Given entries section start

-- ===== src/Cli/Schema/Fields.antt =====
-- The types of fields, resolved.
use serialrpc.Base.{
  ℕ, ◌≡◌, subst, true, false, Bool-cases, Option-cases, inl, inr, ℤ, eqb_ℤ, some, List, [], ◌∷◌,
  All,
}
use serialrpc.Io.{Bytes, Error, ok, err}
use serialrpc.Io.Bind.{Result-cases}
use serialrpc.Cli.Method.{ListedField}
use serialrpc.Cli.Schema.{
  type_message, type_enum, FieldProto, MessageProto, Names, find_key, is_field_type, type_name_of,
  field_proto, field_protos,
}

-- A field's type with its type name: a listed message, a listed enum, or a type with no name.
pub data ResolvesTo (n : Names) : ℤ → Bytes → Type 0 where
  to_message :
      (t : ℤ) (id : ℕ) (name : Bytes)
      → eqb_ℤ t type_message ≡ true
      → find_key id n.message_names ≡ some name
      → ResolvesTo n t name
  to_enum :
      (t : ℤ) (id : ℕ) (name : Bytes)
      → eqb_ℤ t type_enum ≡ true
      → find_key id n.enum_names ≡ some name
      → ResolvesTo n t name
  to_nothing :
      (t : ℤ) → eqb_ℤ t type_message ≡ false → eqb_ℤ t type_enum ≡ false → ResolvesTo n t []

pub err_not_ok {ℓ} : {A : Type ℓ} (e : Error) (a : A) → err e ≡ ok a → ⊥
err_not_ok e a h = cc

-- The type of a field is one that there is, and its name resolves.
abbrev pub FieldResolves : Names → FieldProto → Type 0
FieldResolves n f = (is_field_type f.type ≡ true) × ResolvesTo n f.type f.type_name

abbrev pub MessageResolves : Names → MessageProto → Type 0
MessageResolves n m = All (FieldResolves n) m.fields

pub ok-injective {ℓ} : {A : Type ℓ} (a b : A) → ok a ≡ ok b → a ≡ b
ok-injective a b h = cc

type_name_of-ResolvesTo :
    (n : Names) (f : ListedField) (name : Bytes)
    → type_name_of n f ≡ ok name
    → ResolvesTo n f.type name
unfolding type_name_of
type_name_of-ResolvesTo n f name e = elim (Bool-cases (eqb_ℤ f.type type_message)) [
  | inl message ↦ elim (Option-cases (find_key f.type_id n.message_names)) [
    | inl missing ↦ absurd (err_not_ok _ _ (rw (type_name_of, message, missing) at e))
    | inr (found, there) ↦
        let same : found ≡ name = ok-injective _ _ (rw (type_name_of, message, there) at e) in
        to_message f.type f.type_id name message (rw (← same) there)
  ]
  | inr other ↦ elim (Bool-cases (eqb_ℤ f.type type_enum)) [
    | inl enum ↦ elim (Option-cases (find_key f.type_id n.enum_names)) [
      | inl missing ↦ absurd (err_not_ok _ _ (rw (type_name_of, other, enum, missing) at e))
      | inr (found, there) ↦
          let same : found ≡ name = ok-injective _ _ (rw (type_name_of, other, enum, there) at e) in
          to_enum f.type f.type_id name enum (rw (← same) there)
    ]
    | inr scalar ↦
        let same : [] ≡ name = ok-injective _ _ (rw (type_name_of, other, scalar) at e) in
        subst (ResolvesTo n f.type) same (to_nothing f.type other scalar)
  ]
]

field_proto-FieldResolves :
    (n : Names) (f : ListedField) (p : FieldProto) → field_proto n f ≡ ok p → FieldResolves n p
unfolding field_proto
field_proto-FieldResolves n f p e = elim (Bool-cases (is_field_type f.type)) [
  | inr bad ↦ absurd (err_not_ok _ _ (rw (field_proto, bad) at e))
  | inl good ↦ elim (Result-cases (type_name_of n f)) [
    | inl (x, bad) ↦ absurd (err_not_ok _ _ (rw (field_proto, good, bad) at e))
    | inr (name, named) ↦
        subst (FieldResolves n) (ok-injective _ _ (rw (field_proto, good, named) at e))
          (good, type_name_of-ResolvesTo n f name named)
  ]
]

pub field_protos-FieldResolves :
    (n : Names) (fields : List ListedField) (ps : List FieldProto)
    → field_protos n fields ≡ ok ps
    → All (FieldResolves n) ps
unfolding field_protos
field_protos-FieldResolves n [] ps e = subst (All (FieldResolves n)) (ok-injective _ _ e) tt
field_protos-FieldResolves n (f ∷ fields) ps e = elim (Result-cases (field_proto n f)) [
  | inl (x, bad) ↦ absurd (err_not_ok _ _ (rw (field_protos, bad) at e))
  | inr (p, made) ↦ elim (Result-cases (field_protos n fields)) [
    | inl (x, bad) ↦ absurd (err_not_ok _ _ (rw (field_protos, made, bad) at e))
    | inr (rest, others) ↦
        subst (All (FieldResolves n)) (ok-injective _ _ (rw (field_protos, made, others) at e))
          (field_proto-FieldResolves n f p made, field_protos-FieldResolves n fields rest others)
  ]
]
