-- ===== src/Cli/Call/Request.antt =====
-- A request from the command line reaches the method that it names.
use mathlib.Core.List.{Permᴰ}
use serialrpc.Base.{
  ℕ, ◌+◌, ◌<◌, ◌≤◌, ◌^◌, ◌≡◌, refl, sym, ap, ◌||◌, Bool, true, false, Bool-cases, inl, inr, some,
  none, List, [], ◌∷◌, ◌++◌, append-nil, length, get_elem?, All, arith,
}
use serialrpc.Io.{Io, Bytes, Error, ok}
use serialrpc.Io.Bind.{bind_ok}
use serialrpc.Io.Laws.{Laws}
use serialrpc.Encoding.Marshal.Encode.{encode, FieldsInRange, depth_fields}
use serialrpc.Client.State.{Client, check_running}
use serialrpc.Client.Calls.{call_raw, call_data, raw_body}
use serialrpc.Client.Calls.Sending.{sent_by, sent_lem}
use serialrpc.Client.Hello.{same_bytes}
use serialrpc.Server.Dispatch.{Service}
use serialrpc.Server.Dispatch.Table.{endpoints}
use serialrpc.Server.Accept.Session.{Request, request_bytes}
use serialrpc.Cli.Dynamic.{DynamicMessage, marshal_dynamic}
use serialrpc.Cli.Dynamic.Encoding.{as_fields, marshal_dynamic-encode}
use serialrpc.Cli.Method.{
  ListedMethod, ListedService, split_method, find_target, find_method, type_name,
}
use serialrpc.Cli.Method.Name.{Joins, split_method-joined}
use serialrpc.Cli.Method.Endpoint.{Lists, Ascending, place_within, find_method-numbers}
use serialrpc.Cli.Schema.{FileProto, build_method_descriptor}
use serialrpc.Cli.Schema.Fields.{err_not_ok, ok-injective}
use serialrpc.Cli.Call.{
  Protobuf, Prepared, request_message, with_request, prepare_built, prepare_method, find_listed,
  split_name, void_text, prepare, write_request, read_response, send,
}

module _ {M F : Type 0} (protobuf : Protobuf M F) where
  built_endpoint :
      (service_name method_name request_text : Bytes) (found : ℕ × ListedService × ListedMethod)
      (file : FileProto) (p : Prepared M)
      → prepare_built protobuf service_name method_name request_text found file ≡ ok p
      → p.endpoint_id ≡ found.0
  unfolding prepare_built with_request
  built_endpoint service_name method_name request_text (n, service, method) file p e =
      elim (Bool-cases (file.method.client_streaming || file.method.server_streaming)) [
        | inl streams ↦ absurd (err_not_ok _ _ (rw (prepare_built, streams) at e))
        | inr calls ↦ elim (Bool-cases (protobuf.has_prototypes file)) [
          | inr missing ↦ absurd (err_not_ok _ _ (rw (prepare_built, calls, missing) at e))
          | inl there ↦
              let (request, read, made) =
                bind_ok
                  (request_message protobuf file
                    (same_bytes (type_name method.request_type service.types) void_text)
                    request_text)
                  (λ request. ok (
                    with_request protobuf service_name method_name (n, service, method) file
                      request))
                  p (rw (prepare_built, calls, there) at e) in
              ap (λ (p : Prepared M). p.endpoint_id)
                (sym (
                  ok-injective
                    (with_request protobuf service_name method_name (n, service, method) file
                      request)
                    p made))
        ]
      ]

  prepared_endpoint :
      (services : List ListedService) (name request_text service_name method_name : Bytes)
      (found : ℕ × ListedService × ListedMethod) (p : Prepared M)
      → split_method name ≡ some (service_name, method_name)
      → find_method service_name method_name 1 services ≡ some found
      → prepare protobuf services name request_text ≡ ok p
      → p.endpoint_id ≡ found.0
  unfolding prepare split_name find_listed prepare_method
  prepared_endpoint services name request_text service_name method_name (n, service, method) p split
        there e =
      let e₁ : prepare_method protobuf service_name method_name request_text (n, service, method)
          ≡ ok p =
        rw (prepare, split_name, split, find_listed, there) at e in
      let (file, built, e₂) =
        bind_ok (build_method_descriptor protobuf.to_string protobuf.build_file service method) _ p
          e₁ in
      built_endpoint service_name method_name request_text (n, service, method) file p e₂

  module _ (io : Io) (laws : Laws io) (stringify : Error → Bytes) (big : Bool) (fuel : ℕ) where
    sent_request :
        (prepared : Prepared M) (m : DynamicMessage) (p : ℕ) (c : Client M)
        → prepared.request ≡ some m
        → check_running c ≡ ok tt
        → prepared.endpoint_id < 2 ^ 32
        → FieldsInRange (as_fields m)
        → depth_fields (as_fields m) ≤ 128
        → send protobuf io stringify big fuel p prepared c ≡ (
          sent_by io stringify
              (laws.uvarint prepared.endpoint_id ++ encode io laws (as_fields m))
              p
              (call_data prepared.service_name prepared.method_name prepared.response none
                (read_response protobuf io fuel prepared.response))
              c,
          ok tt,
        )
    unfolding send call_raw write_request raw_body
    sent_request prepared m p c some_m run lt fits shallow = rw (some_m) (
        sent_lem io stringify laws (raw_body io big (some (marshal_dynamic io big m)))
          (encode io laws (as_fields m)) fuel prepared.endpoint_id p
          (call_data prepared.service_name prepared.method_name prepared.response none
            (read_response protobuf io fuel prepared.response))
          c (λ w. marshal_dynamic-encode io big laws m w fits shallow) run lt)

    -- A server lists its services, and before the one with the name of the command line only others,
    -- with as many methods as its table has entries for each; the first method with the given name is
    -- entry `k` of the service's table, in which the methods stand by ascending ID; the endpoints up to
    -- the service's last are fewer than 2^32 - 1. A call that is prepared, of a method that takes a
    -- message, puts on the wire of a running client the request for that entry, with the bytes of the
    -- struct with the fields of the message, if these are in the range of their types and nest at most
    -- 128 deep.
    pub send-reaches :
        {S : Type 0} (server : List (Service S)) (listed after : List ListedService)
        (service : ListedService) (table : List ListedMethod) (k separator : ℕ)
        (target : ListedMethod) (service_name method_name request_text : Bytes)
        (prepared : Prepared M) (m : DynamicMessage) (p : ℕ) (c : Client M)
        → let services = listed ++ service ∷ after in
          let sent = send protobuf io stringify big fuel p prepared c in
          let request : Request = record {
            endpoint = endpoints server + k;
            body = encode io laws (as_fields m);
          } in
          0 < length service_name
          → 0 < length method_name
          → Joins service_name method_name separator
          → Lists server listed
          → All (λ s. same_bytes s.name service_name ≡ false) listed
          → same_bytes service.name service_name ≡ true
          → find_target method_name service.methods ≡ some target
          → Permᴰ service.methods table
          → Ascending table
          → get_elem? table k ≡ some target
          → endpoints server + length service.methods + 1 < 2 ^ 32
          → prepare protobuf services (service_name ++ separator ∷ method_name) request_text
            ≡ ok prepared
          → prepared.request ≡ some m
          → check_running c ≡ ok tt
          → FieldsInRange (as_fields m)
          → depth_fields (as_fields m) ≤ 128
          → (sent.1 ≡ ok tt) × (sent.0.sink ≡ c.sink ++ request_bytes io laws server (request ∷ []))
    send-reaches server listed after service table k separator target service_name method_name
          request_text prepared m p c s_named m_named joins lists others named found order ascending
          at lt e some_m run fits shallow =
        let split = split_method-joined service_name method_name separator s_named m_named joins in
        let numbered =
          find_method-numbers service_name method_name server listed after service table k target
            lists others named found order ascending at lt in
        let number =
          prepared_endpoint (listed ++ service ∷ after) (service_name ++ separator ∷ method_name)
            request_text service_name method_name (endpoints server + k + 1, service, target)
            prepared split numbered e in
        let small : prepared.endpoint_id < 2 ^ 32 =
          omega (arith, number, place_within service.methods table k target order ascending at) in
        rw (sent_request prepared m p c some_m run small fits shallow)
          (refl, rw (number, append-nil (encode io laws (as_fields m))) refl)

Given entries section end

### Task item
Please reproduce exactly the lines in the listing above from the one containing "(λ request. ok" through the one containing "(with_request protobuf service_name", both included, and nothing more.

### Output
                  (λ request. ok (
                    with_request protobuf service_name method_name (n, service, method) file
                      request))
                  p (rw (prepare_built, calls, there) at e) in
              ap (λ (p : Prepared M). p.endpoint_id)
                (sym (
                  ok-injective
                    (with_request protobuf service_name method_name (n, service, method) file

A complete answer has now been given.